* _MATERIAL TO PROCESS_

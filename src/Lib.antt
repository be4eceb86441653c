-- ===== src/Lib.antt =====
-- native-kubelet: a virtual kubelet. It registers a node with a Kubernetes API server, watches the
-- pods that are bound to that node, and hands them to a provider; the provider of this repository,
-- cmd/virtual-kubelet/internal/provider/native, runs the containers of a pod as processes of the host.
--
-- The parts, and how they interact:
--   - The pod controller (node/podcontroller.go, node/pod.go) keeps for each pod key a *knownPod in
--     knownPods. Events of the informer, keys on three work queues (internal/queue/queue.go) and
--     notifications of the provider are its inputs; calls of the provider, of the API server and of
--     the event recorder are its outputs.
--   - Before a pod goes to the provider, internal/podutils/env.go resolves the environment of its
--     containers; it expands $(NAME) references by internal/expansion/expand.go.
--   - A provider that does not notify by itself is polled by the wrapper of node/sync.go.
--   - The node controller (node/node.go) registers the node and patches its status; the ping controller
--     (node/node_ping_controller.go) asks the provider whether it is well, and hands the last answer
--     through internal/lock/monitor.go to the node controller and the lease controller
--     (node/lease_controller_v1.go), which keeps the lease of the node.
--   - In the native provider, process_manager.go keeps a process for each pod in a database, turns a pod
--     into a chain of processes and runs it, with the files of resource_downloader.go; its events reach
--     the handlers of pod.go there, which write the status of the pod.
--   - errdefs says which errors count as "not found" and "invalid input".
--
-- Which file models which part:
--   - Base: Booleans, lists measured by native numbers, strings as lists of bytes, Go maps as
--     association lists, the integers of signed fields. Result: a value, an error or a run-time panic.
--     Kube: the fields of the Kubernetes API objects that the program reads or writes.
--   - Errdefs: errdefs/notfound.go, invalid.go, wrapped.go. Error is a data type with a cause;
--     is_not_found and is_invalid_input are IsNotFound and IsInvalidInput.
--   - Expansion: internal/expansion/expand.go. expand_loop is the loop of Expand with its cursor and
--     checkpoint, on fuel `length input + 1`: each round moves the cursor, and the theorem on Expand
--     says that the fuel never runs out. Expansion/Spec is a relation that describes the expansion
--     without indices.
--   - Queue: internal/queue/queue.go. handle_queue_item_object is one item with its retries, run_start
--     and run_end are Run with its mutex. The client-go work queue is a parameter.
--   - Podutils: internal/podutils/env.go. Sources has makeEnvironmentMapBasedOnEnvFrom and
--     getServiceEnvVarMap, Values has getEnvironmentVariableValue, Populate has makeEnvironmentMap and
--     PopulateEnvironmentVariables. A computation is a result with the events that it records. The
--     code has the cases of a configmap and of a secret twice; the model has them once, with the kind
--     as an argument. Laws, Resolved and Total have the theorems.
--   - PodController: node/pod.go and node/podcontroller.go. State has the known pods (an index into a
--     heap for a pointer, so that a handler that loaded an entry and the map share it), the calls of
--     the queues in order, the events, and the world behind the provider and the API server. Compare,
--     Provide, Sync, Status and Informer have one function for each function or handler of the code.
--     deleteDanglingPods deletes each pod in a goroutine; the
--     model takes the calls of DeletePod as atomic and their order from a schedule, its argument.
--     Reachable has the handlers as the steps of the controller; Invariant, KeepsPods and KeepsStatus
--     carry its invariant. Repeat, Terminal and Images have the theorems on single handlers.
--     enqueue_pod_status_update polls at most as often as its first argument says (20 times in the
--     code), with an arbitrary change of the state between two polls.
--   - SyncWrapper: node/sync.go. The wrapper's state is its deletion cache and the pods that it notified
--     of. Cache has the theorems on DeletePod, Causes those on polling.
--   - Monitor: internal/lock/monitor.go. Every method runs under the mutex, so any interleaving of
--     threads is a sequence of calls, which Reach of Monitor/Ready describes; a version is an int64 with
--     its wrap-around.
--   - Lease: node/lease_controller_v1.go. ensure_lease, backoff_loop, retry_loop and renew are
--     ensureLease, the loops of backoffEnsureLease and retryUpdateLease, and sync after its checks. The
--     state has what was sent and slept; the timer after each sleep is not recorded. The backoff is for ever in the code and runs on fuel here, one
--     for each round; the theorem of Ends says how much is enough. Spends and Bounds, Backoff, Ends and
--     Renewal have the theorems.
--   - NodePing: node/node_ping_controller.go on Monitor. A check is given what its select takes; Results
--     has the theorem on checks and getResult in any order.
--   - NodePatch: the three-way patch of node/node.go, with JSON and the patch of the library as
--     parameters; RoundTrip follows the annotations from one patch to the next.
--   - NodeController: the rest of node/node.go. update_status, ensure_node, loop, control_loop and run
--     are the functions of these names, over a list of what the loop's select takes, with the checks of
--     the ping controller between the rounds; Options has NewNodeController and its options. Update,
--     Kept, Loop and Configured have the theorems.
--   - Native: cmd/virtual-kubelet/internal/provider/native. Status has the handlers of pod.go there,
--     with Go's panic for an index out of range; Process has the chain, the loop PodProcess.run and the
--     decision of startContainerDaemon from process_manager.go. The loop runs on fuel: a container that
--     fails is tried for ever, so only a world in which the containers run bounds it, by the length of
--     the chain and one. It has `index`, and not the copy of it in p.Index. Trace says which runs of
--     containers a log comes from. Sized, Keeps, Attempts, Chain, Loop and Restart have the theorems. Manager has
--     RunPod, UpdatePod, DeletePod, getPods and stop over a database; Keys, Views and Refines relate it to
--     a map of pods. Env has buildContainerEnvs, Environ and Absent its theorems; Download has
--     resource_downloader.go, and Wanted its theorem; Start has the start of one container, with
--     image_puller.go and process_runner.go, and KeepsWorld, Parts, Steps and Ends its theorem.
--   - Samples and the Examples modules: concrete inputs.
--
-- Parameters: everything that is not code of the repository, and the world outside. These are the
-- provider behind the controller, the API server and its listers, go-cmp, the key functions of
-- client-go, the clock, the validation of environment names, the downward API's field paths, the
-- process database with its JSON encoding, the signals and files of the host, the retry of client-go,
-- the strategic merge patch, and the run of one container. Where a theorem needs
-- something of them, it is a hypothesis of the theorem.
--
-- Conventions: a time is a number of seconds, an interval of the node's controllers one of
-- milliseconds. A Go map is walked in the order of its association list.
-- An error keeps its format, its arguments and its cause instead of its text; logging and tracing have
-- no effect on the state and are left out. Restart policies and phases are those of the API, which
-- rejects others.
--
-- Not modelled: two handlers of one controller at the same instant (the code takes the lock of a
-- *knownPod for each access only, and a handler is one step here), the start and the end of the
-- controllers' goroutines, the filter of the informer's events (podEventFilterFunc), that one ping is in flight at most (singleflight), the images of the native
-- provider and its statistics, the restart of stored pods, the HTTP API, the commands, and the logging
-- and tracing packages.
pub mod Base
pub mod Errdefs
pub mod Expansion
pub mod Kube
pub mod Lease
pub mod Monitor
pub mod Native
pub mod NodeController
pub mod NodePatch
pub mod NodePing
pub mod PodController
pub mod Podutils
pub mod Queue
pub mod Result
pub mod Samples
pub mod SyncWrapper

* _EXERCISE PROMPT_
Restate all the material above, keeping each word as it is.

* _RESPONSE AREA_
filename src/Lib.antt
repository be4eceb86441653c
-- ===== src/Lib.antt =====
-- native-kubelet: a virtual kubelet. It registers a node with a Kubernetes API server, watches the
-- pods that are bound to that node, and hands them to a provider; the provider of this repository,
-- cmd/virtual-kubelet/internal/provider/native, runs the containers of a pod as processes of the host.
--
-- The parts, and how they interact:
--   - The pod controller (node/podcontroller.go, node/pod.go) keeps for each pod key a *knownPod in
--     knownPods. Events of the informer, keys on three work queues (internal/queue/queue.go) and
--     notifications of the provider are its inputs; calls of the provider, of the API server and of
--     the event recorder are its outputs.
--   - Before a pod goes to the provider, internal/podutils/env.go resolves the environment of its
--     containers; it expands $(NAME) references by internal/expansion/expand.go.
--   - A provider that does not notify by itself is polled by the wrapper of node/sync.go.
--   - The node controller (node/node.go) registers the node and patches its status; the ping controller
--     (node/node_ping_controller.go) asks the provider whether it is well, and hands the last answer
--     through internal/lock/monitor.go to the node controller and the lease controller
--     (node/lease_controller_v1.go), which keeps the lease of the node.
--   - In the native provider, process_manager.go keeps a process for each pod in a database, turns a pod
--     into a chain of processes and runs it, with the files of resource_downloader.go; its events reach
--     the handlers of pod.go there, which write the status of the pod.
--   - errdefs says which errors count as "not found" and "invalid input".
--
-- Which file models which part:
--   - Base: Booleans, lists measured by native numbers, strings as lists of bytes, Go maps as
--     association lists, the integers of signed fields. Result: a value, an error or a run-time panic.
--     Kube: the fields of the Kubernetes API objects that the program reads or writes.
--   - Errdefs: errdefs/notfound.go, invalid.go, wrapped.go. Error is a data type with a cause;
--     is_not_found and is_invalid_input are IsNotFound and IsInvalidInput.
--   - Expansion: internal/expansion/expand.go. expand_loop is the loop of Expand with its cursor and
--     checkpoint, on fuel `length input + 1`: each round moves the cursor, and the theorem on Expand
--     says that the fuel never runs out. Expansion/Spec is a relation that describes the expansion
--     without indices.
--   - Queue: internal/queue/queue.go. handle_queue_item_object is one item with its retries, run_start
--     and run_end are Run with its mutex. The client-go work queue is a parameter.
--   - Podutils: internal/podutils/env.go. Sources has makeEnvironmentMapBasedOnEnvFrom and
--     getServiceEnvVarMap, Values has getEnvironmentVariableValue, Populate has makeEnvironmentMap and
--     PopulateEnvironmentVariables. A computation is a result with the events that it records. The
--     code has the cases of a configmap and of a secret twice; the model has them once, with the kind
--     as an argument. Laws, Resolved and Total have the theorems.
--   - PodController: node/pod.go and node/podcontroller.go. State has the known pods (an index into a
--     heap for a pointer, so that a handler that loaded an entry and the map share it), the calls of
--     the queues in order, the events, and the world behind the provider and the API server. Compare,
--     Provide, Sync, Status and Informer have one function for each function or handler of the code.
--     deleteDanglingPods deletes each pod in a goroutine; the
--     model takes the calls of DeletePod as atomic and their order from a schedule, its argument.
--     Reachable has the handlers as the steps of the controller; Invariant, KeepsPods and KeepsStatus
--     carry its invariant. Repeat, Terminal and Images have the theorems on single handlers.
--     enqueue_pod_status_update polls at most as often as its first argument says (20 times in the
--     code), with an arbitrary change of the state between two polls.
--   - SyncWrapper: node/sync.go. The wrapper's state is its deletion cache and the pods that it notified
--     of. Cache has the theorems on DeletePod, Causes those on polling.
--   - Monitor: internal/lock/monitor.go. Every method runs under the mutex, so any interleaving of
--     threads is a sequence of calls, which Reach of Monitor/Ready describes; a version is an int64 with
--     its wrap-around.
--   - Lease: node/lease_controller_v1.go. ensure_lease, backoff_loop, retry_loop and renew are
--     ensureLease, the loops of backoffEnsureLease and retryUpdateLease, and sync after its checks. The
--     state has what was sent and slept; the timer after each sleep is not recorded. The backoff is for ever in the code and runs on fuel here, one
--     for each round; the theorem of Ends says how much is enough. Spends and Bounds, Backoff, Ends and
--     Renewal have the theorems.
--   - NodePing: node/node_ping_controller.go on Monitor. A check is given what its select takes; Results
--     has the theorem on checks and getResult in any order.
--   - NodePatch: the three-way patch of node/node.go, with JSON and the patch of the library as
--     parameters; RoundTrip follows the annotations from one patch to the next.
--   - NodeController: the rest of node/node.go. update_status, ensure_node, loop, control_loop and run
--     are the functions of these names, over a list of what the loop's select takes, with the checks of
--     the ping controller between the rounds; Options has NewNodeController and its options. Update,
--     Kept, Loop and Configured have the theorems.
--   - Native: cmd/virtual-kubelet/internal/provider/native. Status has the handlers of pod.go there,
--     with Go's panic for an index out of range; Process has the chain, the loop PodProcess.run and the
--     decision of startContainerDaemon from process_manager.go. The loop runs on fuel: a container that
--     fails is tried for ever, so only a world in which the containers run bounds it, by the length of
--     the chain and one. It has `index`, and not the copy of it in p.Index. Trace says which runs of
--     containers a log comes from. Sized, Keeps, Attempts, Chain, Loop and Restart have the theorems. Manager has
--     RunPod, UpdatePod, DeletePod, getPods and stop over a database; Keys, Views and Refines relate it to
--     a map of pods. Env has buildContainerEnvs, Environ and Absent its theorems; Download has
--     resource_downloader.go, and Wanted its theorem; Start has the start of one container, with
--     image_puller.go and process_runner.go, and KeepsWorld, Parts, Steps and Ends its theorem.
--   - Samples and the Examples modules: concrete inputs.
--
-- Parameters: everything that is not code of the repository, and the world outside. These are the
-- provider behind the controller, the API server and its listers, go-cmp, the key functions of
-- client-go, the clock, the validation of environment names, the downward API's field paths, the
-- process database with its JSON encoding, the signals and files of the host, the retry of client-go,
-- the strategic merge patch, and the run of one container. Where a theorem needs
-- something of them, it is a hypothesis of the theorem.
--
-- Conventions: a time is a number of seconds, an interval of the node's controllers one of
-- milliseconds. A Go map is walked in the order of its association list.
-- An error keeps its format, its arguments and its cause instead of its text; logging and tracing have
-- no effect on the state and are left out. Restart policies and phases are those of the API, which
-- rejects others.
--
-- Not modelled: two handlers of one controller at the same instant (the code takes the lock of a
-- *knownPod for each access only, and a handler is one step here), the start and the end of the
-- controllers' goroutines, the filter of the informer's events (podEventFilterFunc), that one ping is in flight at most (singleflight), the images of the native
-- provider and its statistics, the restart of stored pods, the HTTP API, the commands, and the logging
-- and tracing packages.
pub mod Base
pub mod Errdefs
pub mod Expansion
pub mod Kube
pub mod Lease
pub mod Monitor
pub mod Native
pub mod NodeController
pub mod NodePatch
pub mod NodePing
pub mod PodController
pub mod Podutils
pub mod Queue
pub mod Result
pub mod Samples
pub mod SyncWrapper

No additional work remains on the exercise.